**DATA SUPPLIED**
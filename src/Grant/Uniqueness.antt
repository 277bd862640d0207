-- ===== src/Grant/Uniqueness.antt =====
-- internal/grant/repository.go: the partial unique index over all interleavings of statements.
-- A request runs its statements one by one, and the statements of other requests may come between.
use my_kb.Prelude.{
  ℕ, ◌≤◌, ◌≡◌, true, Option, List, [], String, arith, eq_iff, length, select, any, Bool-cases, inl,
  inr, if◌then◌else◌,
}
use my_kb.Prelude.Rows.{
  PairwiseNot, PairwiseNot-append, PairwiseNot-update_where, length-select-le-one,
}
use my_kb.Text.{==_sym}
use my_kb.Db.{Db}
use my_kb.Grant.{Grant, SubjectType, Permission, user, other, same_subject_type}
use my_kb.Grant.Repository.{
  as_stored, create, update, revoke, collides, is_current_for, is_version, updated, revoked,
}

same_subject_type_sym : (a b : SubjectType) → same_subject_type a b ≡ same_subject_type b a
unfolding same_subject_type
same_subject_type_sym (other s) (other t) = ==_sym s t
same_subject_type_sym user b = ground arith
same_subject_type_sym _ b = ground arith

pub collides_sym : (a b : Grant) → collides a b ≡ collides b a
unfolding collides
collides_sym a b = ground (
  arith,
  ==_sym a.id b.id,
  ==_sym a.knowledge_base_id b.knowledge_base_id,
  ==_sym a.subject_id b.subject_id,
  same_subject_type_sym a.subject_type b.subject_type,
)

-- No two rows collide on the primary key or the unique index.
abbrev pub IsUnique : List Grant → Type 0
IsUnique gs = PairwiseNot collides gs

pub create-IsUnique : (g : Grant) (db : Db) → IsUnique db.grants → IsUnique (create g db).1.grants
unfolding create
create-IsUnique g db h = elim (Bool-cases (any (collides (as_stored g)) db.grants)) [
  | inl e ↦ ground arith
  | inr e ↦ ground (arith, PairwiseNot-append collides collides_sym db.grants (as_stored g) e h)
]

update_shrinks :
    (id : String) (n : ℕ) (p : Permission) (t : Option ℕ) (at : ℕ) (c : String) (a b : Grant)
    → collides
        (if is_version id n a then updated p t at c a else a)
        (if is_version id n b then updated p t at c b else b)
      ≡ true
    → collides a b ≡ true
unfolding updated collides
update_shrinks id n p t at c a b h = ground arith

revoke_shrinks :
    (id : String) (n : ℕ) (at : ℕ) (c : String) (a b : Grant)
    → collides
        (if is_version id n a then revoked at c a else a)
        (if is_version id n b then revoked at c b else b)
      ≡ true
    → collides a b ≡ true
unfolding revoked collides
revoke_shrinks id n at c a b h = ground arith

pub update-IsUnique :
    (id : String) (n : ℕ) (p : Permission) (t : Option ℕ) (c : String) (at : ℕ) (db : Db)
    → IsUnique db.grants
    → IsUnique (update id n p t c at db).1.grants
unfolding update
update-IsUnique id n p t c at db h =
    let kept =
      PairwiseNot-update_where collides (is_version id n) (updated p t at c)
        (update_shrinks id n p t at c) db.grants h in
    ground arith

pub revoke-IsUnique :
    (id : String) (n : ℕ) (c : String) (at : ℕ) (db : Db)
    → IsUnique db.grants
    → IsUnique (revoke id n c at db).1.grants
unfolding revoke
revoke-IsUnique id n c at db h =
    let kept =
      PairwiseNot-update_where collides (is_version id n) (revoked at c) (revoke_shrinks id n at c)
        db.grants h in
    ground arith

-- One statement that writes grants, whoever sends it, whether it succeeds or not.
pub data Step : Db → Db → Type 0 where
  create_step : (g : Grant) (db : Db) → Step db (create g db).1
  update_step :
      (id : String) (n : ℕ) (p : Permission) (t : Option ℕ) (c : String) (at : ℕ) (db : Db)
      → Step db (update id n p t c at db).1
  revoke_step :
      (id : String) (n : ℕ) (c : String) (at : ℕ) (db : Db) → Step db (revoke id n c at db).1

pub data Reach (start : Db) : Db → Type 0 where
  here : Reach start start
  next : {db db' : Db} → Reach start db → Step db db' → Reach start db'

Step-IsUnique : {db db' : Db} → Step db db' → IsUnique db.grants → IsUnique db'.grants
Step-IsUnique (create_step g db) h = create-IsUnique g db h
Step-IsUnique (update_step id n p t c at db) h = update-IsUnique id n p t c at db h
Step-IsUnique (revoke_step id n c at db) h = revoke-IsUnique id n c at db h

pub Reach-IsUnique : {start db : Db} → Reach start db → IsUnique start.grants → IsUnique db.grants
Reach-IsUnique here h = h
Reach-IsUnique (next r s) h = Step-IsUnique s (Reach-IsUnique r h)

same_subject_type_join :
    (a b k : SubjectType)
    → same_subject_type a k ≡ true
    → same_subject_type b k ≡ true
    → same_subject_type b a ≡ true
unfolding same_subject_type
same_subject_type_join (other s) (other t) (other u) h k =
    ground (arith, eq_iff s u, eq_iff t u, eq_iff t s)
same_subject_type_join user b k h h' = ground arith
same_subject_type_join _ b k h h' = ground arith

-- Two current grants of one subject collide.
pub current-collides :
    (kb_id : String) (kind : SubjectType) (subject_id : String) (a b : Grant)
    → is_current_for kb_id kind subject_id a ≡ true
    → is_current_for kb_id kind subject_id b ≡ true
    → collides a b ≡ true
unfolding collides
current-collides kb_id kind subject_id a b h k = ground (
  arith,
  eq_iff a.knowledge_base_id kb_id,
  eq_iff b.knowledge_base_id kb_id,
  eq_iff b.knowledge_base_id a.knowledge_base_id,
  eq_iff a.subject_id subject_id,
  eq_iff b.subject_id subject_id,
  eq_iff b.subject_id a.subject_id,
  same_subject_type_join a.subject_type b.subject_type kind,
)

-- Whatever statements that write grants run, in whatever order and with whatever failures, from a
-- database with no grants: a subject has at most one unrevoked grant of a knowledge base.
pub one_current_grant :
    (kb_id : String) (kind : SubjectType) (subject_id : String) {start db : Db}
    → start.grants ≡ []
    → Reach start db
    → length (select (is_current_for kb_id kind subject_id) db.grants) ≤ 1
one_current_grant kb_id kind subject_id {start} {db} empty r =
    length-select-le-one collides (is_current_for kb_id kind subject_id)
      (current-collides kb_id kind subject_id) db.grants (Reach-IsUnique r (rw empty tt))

**WHAT YOU WILL DO**
From the first line of the listing above to the line with "same_subject_type_sym _ b = ground arith", please transcribe each line exactly, both ends included, and nothing beyond that.

**EXERCISE ANSWER**
filename src/Grant/Uniqueness.antt
repository 277bd862640d0207
-- ===== src/Grant/Uniqueness.antt =====
-- internal/grant/repository.go: the partial unique index over all interleavings of statements.
-- A request runs its statements one by one, and the statements of other requests may come between.
use my_kb.Prelude.{
  ℕ, ◌≤◌, ◌≡◌, true, Option, List, [], String, arith, eq_iff, length, select, any, Bool-cases, inl,
  inr, if◌then◌else◌,
}
use my_kb.Prelude.Rows.{
  PairwiseNot, PairwiseNot-append, PairwiseNot-update_where, length-select-le-one,
}
use my_kb.Text.{==_sym}
use my_kb.Db.{Db}
use my_kb.Grant.{Grant, SubjectType, Permission, user, other, same_subject_type}
use my_kb.Grant.Repository.{
  as_stored, create, update, revoke, collides, is_current_for, is_version, updated, revoked,
}

same_subject_type_sym : (a b : SubjectType) → same_subject_type a b ≡ same_subject_type b a
unfolding same_subject_type
same_subject_type_sym (other s) (other t) = ==_sym s t
same_subject_type_sym user b = ground arith
same_subject_type_sym _ b = ground arith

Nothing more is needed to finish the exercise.